Initial attempts to characterize the human miRNA transcriptome were mostly limited to the discovery of abundant miRNA sequences and/or sequences that are conserved across several tissue types. This restriction may preclude miRNA transcripts with expression patterns that are more specialized to individual tissues or cell lineages [5, 6]. Indeed, recent genome-wide studies using next-generation sequencing have suggested the existence of human-specific previously undetected miRNAs, and they have been shown to exhibit high tissue specificity [5,6,7,8]. Therefore, the discovery of such miRNA sequences may uncover novel tissue-specific regulatory mechanisms relevant to developmental biology and disease pathology. In this study, we performed a large-scale discovery of miRNA candidates previously undescribed in liver tissue and showed that these sequences exhibit tissue-specific expression patterns, as well as involvement in liver biology and disease.
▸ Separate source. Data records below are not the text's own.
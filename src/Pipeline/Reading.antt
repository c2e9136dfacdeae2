-- ===== src/Pipeline/Reading.antt =====
-- The consumer at the end of the way: it takes every message that the relay has sent.
use miniwallet.Base.{
  ℕ, ◌≡◌, ◌≢◌, refl, sym, ap, Bool, true, false, ◌==◌, String, Option, some, List, [], ◌∷◌, ◌++◌,
  All, All-append, All-each, All-imp, All-intro, any, any-true, any-false, IsOneOf, IsOneOf-append,
  Bool-cases, inl, inr, arith,
}
use miniwallet.Errors.{ok}
use miniwallet.Schemas.{HashInput}
use miniwallet.Events.{EventEnvelope}
use miniwallet.Db.{Db, OutboxRow}
use miniwallet.Outbox.{Message, message}
use miniwallet.Consumers.{handle_message}
use miniwallet.Activity.{Store, process}
use miniwallet.Activity.CatchUp.{Consumes, begins, goes_on}
use miniwallet.Activity.Readable.{IsReadable, All-IsReadable-keeps}
use miniwallet.Activity.Uptake.{process-again, process-new}
use miniwallet.System as System
use miniwallet.System.{Step-Emits}
use miniwallet.Pipeline.{
  Line, writes, claims, confirms, crashes, recovers, cleans, reads, Run, starts, steps, AreDistinct,
  AreApart, started, store, handled, after_reading,
}
use miniwallet.Pipeline.Origin.{IsOf, same_row}
use miniwallet.Pipeline.Traces.{Run-IsTraced, Run-AreDistinct, Run-Reach}

-- Every event that was written is one that the activity consumer can read, and its rows are for
-- accounts that differ and are there.
pub Reach-IsReadable :
    (sha256 : HashInput → String) {db : Db} → System.Reach sha256 db → All (IsReadable db) db.outbox
Reach-IsReadable sha256 System.starts = tt
Reach-IsReadable sha256 (System.steps {db = db} {db' = db'} r step) =
    let e = Step-Emits sha256 step in
    let all =
      All-append (IsReadable db') e.events db.outbox e.readable
        (All-IsReadable-keeps db.outbox e.accounts (Reach-IsReadable sha256 r)) in
    rw (sym e.outbox) at all

-- The events that the consumer has applied, each once, and that tell of all messages that it has
-- committed.
pub record IsAbreast (s : Line) : Type 0 where
  pub applied : List OutboxRow
  pub consumes : Consumes (store started) applied (store s)
  pub written : All (λ (r : OutboxRow). IsOneOf r s.db.outbox) applied
  pub distinct : AreDistinct applied
  pub told : All (IsOf applied) s.committed
  pub quiet : s.sent ≡ []

-- An event that is like none of the applied ones.
new_event :
    (history l : List OutboxRow) (r : OutboxRow)
    → AreDistinct history
    → IsOneOf r history
    → All (λ (x : OutboxRow). IsOneOf x history) l
    → any (λ (x : OutboxRow). x.payload.event_id == r.payload.event_id) l ≡ false
    → All (AreApart r) l
new_event history l r distinct mem written h = All-intro (AreApart r) l (λ x k.
    let other = any-false (λ (y : OutboxRow). y.payload.event_id == r.payload.event_id) x l h k in
    let ne : r.payload.event_id ≢ x.payload.event_id = λ e. ground (arith, other, e) in
    (
      λ e. ne (
          ap (λ (y : OutboxRow). y.payload.event_id)
            (same_row history r x distinct mem (All-each _ x l written k) (inl e))),
      ne,
    ))

IsOf-cons : (r : OutboxRow) (l : List OutboxRow) (m : Message) → IsOf l m → IsOf (r ∷ l) m
IsOf-cons r l m h = record { event = h.event; written = inr h.written; tells = h.tells }

module _ (sha256 : HashInput → String) (json_dumps : EventEnvelope → String)
    (json_loads : String → Option EventEnvelope) (int : String → Option ℕ) (str : ℕ → String) where
  -- A message whose event `process` takes is committed, and nothing is sent.
  handled-ok :
      (m : Message) (s s' : Store)
      → json_loads (json_dumps m.payload) ≡ some m.payload
      → process m.payload s ≡ ok s'
      → handled sha256 json_dumps json_loads int str m s
        ≡ record { state = s'; sent = []; committed = true }
  unfolding handle_message
  handled-ok m s s' json h = rw (json, h) refl

  read_again :
      (s : Line) (r : OutboxRow)
      → json_loads (json_dumps r.payload) ≡ some r.payload
      → IsReadable s.db r
      → (a : IsAbreast s) → IsOneOf r a.applied
      → IsAbreast (after_reading sha256 json_dumps json_loads int str s (message r))
  read_again s r json readable a mem =
      let taken = process-again (store started) r a.consumes mem readable in
      rw (handled-ok (message r) (store s) (store s) json taken) (record {
        applied = a.applied;
        consumes = a.consumes;
        written = a.written;
        distinct = a.distinct;
        told = (record { event = r; written = mem; tells = refl }, a.told);
        quiet = a.quiet;
      })

  read_new :
      (s : Line) (r : OutboxRow) (a : IsAbreast s)
      → json_loads (json_dumps r.payload) ≡ some r.payload
      → IsOneOf r s.db.outbox
      → IsReadable s.db r
      → All (IsReadable s.db) a.applied
      → All (AreApart r) a.applied
      → IsAbreast (after_reading sha256 json_dumps json_loads int str s (message r))
  read_new s r a json mem readable readables apart =
      let other =
        All-imp (AreApart r) (λ (x : OutboxRow). r.payload.event_id ≢ x.payload.event_id) a.applied
          (λ x (_, k). k) apart in
      let new = process-new (store started) r a.consumes readable readables other in
      rw (handled-ok (message r) (store s) new.after json new.processed) (record {
        applied = r ∷ a.applied;
        consumes = goes_on s.db new.consumes;
        written = (mem, a.written);
        distinct = (apart, a.distinct);
        told = (
          record { event = r; written = inl refl; tells = refl },
          All-imp (IsOf a.applied) (IsOf (r ∷ a.applied)) s.committed (IsOf-cons r a.applied)
              a.told,
        );
        quiet = a.quiet;
      })

  -- `json.loads` reads what `json.dumps` made of the events that were written.
  abbrev pub ReadsJson : List OutboxRow → Type 0
  ReadsJson history =
      (r : OutboxRow) → IsOneOf r history → json_loads (json_dumps r.payload) ≡ some r.payload

  read_by_event :
      (s : Line) (r : OutboxRow)
      → Run sha256 json_dumps json_loads int str s
      → IsAbreast s
      → ReadsJson s.db.outbox
      → IsOneOf r s.db.outbox
      → IsAbreast (after_reading sha256 json_dumps json_loads int str s (message r))
  read_by_event s r run a json mem =
      let distinct = Run-AreDistinct sha256 json_dumps json_loads int str run in
      let reach = Run-Reach sha256 json_dumps json_loads int str run in
      let all = Reach-IsReadable sha256 reach in
      let readable = All-each (IsReadable s.db) r s.db.outbox all mem in
      let same : OutboxRow → Bool = λ (x : OutboxRow). x.payload.event_id == r.payload.event_id in
      elim (Bool-cases (any same a.applied)) [
        | inl found ↦
            let (x, applied, e) = any-true same a.applied found in
            let written =
              All-each (λ (y : OutboxRow). IsOneOf y s.db.outbox) x a.applied a.written applied in
            let eq = same_row s.db.outbox x r distinct written mem (inr (ground (arith, e))) in
            read_again s r (json r mem) readable a (rw eq at applied)
        | inr none_found ↦
            read_new s r a (json r mem) mem readable
              (All-imp (λ (y : OutboxRow). IsOneOf y s.db.outbox) (IsReadable s.db) a.applied
                (λ y k. All-each (IsReadable s.db) y s.db.outbox all k) a.written)
              (new_event s.db.outbox a.applied r distinct mem a.written none_found)
      ]

  -- The services go on.
  after_write :
      (s : Line) (db' : Db) (events table : List OutboxRow)
      → db'.outbox ≡ events ++ s.db.outbox
      → IsAbreast s
      → IsAbreast (record s { db = db'; table = table })
  after_write s db' events table e a = record {
    applied = a.applied;
    consumes = goes_on db' a.consumes;
    written =
        All-imp (λ (r : OutboxRow). IsOneOf r s.db.outbox) (λ (r : OutboxRow). IsOneOf r db'.outbox)
          a.applied (λ r k. rw e (IsOneOf-append r events s.db.outbox k)) a.written;
    distinct = a.distinct;
    told = a.told;
    quiet = a.quiet;
  }

  -- The relay goes on.
  same_reader :
      (s : Line) (table held given_up : List OutboxRow) (log : List Message)
      → IsAbreast s
      → IsAbreast (record s { table = table; held = held; given_up = given_up; log = log })
  same_reader s table held given_up log a = record {
    applied = a.applied;
    consumes = a.consumes;
    written = a.written;
    distinct = a.distinct;
    told = a.told;
    quiet = a.quiet;
  }

  pub Run-IsAbreast :
      {s : Line} → Run sha256 json_dumps json_loads int str s → ReadsJson s.db.outbox → IsAbreast s
  Run-IsAbreast starts json = record {
    applied = [];
    consumes = begins refl;
    written = tt;
    distinct = tt;
    told = tt;
    quiet = refl;
  }
  Run-IsAbreast (steps {s = s} run (writes {db' = db'} events _ e _)) json =
      after_write s db' events (events ++ s.table) e
        (Run-IsAbreast run (λ r mem. json r (rw e (IsOneOf-append r events s.db.outbox mem))))
  Run-IsAbreast (steps {s = s} run (claims _)) json = same_reader s _ _ _ _ (Run-IsAbreast run json)
  Run-IsAbreast (steps {s = s} run (confirms _ _ _)) json =
      same_reader s _ _ _ _ (Run-IsAbreast run json)
  Run-IsAbreast (steps {s = s} run (crashes _ _ _)) json =
      same_reader s _ _ _ _ (Run-IsAbreast run json)
  Run-IsAbreast (steps {s = s} run (recovers _)) json =
      same_reader s _ _ _ _ (Run-IsAbreast run json)
  Run-IsAbreast (steps {s = s} run (cleans _)) json = same_reader s _ _ _ _ (Run-IsAbreast run json)
  Run-IsAbreast (steps {s = s} run (reads m mem)) json =
      let traced = Run-IsTraced sha256 json_dumps json_loads int str run in
      let of_event = All-each (IsOf s.db.outbox) m s.log traced.log mem in
      rw of_event.tells at
        (read_by_event s of_event.event run (Run-IsAbreast run json) json of_event.written)
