-- ===== src/Pipeline/Arrival.antt =====
-- The end of the way: what the read model shows when nothing is waiting any more.
use mathlib.Core.Logic.Or
use mathlib.Core.List.{
  Mem, Mem-prop, Perm, Nodup, Nodup-nil, Nodup-cons, mem-cons, mem-cons_self, mem-cons_of_mem,
  not-mem-nil, perm_ext_iff_of_Nodup,
}
use miniwallet.Base.{
  ℕ, ◌≡◌, ◌≢◌, refl, ◌∙◌, ap, true, false, String, Option, List, [], ◌∷◌, All, All-each, All-intro,
  IsOneOf, inl, inr, arith,
}
use miniwallet.Schemas.{HashInput}
use miniwallet.Events.{EventEnvelope}
use miniwallet.Db.{OutboxRow, system_account_id}
use miniwallet.Ledger.{get_balance}
use miniwallet.Outbox.{Message, message, is_published}
use miniwallet.Activity.{activity_balance}
use miniwallet.Activity.Replay.{shown}
use miniwallet.Activity.CatchUp.{Consumes-balance}
use miniwallet.Activity.Orders.{Perm-balance}
use miniwallet.System.{Reach-Mirrors}
use miniwallet.Pipeline.{Line, Run, AreDistinct, AreApart, started, store}
use miniwallet.Pipeline.Origin.{IsOf, same_row}
use miniwallet.Pipeline.Traces.{Run-AreDistinct, Run-Reach}
use miniwallet.Pipeline.Relaying.{is_waiting, every_event_accounted}
use miniwallet.Pipeline.Reading.{ReadsJson, IsAbreast, Run-IsAbreast}

IsOneOf-Mem : (r : OutboxRow) (l : List OutboxRow) → IsOneOf r l → Mem r l
IsOneOf-Mem r [] h = absurd h
IsOneOf-Mem r (x ∷ l) (inl e) = rw e mem-cons_self
IsOneOf-Mem r (x ∷ l) (inr h) = mem-cons_of_mem x (IsOneOf-Mem r l h)

-- What each row of a list has, one of its members has, if it is a proposition.
Mem-elim :
    {A : Type 0} (P : A → Type 0) (Q : Type 0) (a : A) (l : List A)
    → IsProp Q
    → All P l
    → (P a → Q)
    → Mem a l
    → Q
Mem-elim P Q a [] prop h f m = absurd (not-mem-nil m)
Mem-elim P Q a (x ∷ l) prop (h, hs) f m =
    Or.elim prop (mem-cons.0 m) (λ e. f (rw e h)) (Mem-elim P Q a l prop hs f)

apart-absent : (r : OutboxRow) (l : List OutboxRow) → All (AreApart r) l → Mem r l → ⊥
apart-absent r l h = Mem-elim (AreApart r) ⊥ r l (hlevel) h (λ (i, _). i refl)

AreDistinct-Nodup : (l : List OutboxRow) → AreDistinct l → Nodup l
AreDistinct-Nodup [] d = Nodup-nil
AreDistinct-Nodup (r ∷ l) (apart, d) = Nodup-cons.1 (apart-absent r l apart, AreDistinct-Nodup l d)

none_waiting :
    (i : ℕ) (table : List OutboxRow)
    → All (λ (r : OutboxRow). is_published r.status ≡ true) table
    → is_waiting table i ≡ false
none_waiting i [] h = refl
none_waiting i (r ∷ table) (h, hs) = ground (arith, h, none_waiting i table hs)

module _ (sha256 : HashInput → String) (json_dumps : EventEnvelope → String)
    (json_loads : String → Option EventEnvelope) (int : String → Option ℕ) (str : ℕ → String) where
  abbrev Runs : Line → Type 0
  Runs s = Run sha256 json_dumps json_loads int str s

  abbrev IsRead : Line → Type 0
  IsRead s = ReadsJson sha256 json_dumps json_loads int str s.db.outbox

  -- The consumer never sends a message back to its topic, nor to the dead letter topic: where
  -- `json.loads` reads what `json.dumps` writes, it takes every message that the relay has sent, in
  -- whatever order and however often it gets them.
  pub no_dead_letters : {s : Line} → Runs s → IsRead s → s.sent ≡ []
  no_dead_letters run json = (Run-IsAbreast sha256 json_dumps json_loads int str run json).quiet

  all_in_log :
      {s : Line} (r : OutboxRow)
      → Runs s
      → All (λ (x : OutboxRow). is_published x.status ≡ true) s.table
      → s.given_up ≡ []
      → IsOneOf r s.db.outbox
      → Mem (message r) s.log
  all_in_log {s} r run published kept mem =
      elim (every_event_accounted sha256 json_dumps json_loads int str r run mem) [
        | inl k ↦ k
        | inr (inl k) ↦ absurd (ground (arith, k, none_waiting r.id s.table published))
        | inr (inr k) ↦ absurd (ground (arith, rw kept at k))
      ]

  all_applied :
      {s : Line} (r : OutboxRow) (a : IsAbreast s)
      → Runs s
      → All (λ (m : Message). IsOneOf m s.committed) s.log
      → IsOneOf r s.db.outbox
      → Mem (message r) s.log
      → Mem r a.applied
  all_applied {s} r a run read mem in_log =
      Mem-elim (λ (m : Message). IsOneOf m s.committed) (Mem r a.applied) (message r) s.log Mem-prop
        read told in_log
    where
      told : IsOneOf (message r) s.committed → Mem r a.applied
      told k =
          let of_event = All-each (IsOf a.applied) (message r) s.committed a.told k in
          let written =
            All-each (λ (x : OutboxRow). IsOneOf x s.db.outbox) of_event.event a.applied a.written
              of_event.written in
          let same =
            same_row s.db.outbox of_event.event r
              (Run-AreDistinct sha256 json_dumps json_loads int str run) written mem
              (inr (ap (λ (m : Message). m.payload.event_id) of_event.tells)) in
          rw same at (IsOneOf-Mem of_event.event a.applied of_event.written)

  all_of_them :
      {s : Line} (a : IsAbreast s)
      → Runs s
      → ((r : OutboxRow) → IsOneOf r s.db.outbox → Mem r a.applied)
      → Perm a.applied s.db.outbox
  all_of_them {s} a run all =
      let distinct = Run-AreDistinct sha256 json_dumps json_loads int str run in
      (perm_ext_iff_of_Nodup (AreDistinct-Nodup a.applied a.distinct)
          (AreDistinct-Nodup s.db.outbox distinct)).1
        (λ r. (
          Mem-elim (λ (x : OutboxRow). IsOneOf x s.db.outbox) (Mem r s.db.outbox) r a.applied
              Mem-prop a.written (IsOneOf-Mem r s.db.outbox),
          Mem-elim (λ (x : OutboxRow). Mem x a.applied) (Mem r a.applied) r s.db.outbox Mem-prop
              (All-intro (λ (x : OutboxRow). Mem x a.applied) s.db.outbox all) (λ k. k),
        ))

  -- The whole chain, from the ledger through the outbox, the relays and Kafka to the read model. Where
  -- every amount has at most four decimals, which the source does not check and the model takes for
  -- granted: when every row of the outbox table is published, none was given up, and the consumer has
  -- committed every message that Kafka has, the read model shows for each user's account the balance
  -- of the ledger. Transactions, relays, crashes, maintenance jobs and the consumer may have interleaved in
  -- any way, and messages may have been sent, and read, in any order and any number of times.
  pub chain_catches_up :
      {s : Line} (a : ℕ)
      → Runs s
      → IsRead s
      → All (λ (r : OutboxRow). is_published r.status ≡ true) s.table
      → s.given_up ≡ []
      → All (λ (m : Message). IsOneOf m s.committed) s.log
      → a ≢ system_account_id
      → activity_balance a s.activity ≡ get_balance s.db a
  unfolding shown
  chain_catches_up {s} a run json published kept read user =
      let b = Run-IsAbreast sha256 json_dumps json_loads int str run json in
      let all =
        all_of_them b run
          (λ r mem. all_applied r b run read mem (all_in_log r run published kept mem)) in
      Consumes-balance (store started) a b.consumes
      ∙ Perm-balance a all
      ∙ Reach-Mirrors sha256 (Run-Reach sha256 json_dumps json_loads int str run) a user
Non-malignant liver small RNA sequence data was obtained from The Cancer Genome Atlas (TCGA; n = 47). Previously unannotated miRNA sequence discovery was performed using the miRDeep2 algorithm, which scans the transcriptome for novel miRNA candidates and compares them with known miRNA sequences available in public databases, such as miRBase [9]. This established miRNA detection algorithm uses a statistical model to measure the likelihood of a detected small RNA sequence to be a putative novel miRNA. Primarily, this model assesses the hairpin structure of the predicted miRNA precursor and recognizes whether the precursor gives rise to the three products of miRNA processing by DICER, namely (i) mature miRNA, (ii) star sequence, and (iii) hairpin loop [9]. The likelihood of a detected small RNA sequence to be a true positive hit is reflected in the miRDeep2 score [9]. However, the selection of true positives based solely on the provided miRDeep2 score may still yield a large amount of false positive candidates [7]. To overcome these limitations, we applied several additional filtering steps to reduce the rate of false positives.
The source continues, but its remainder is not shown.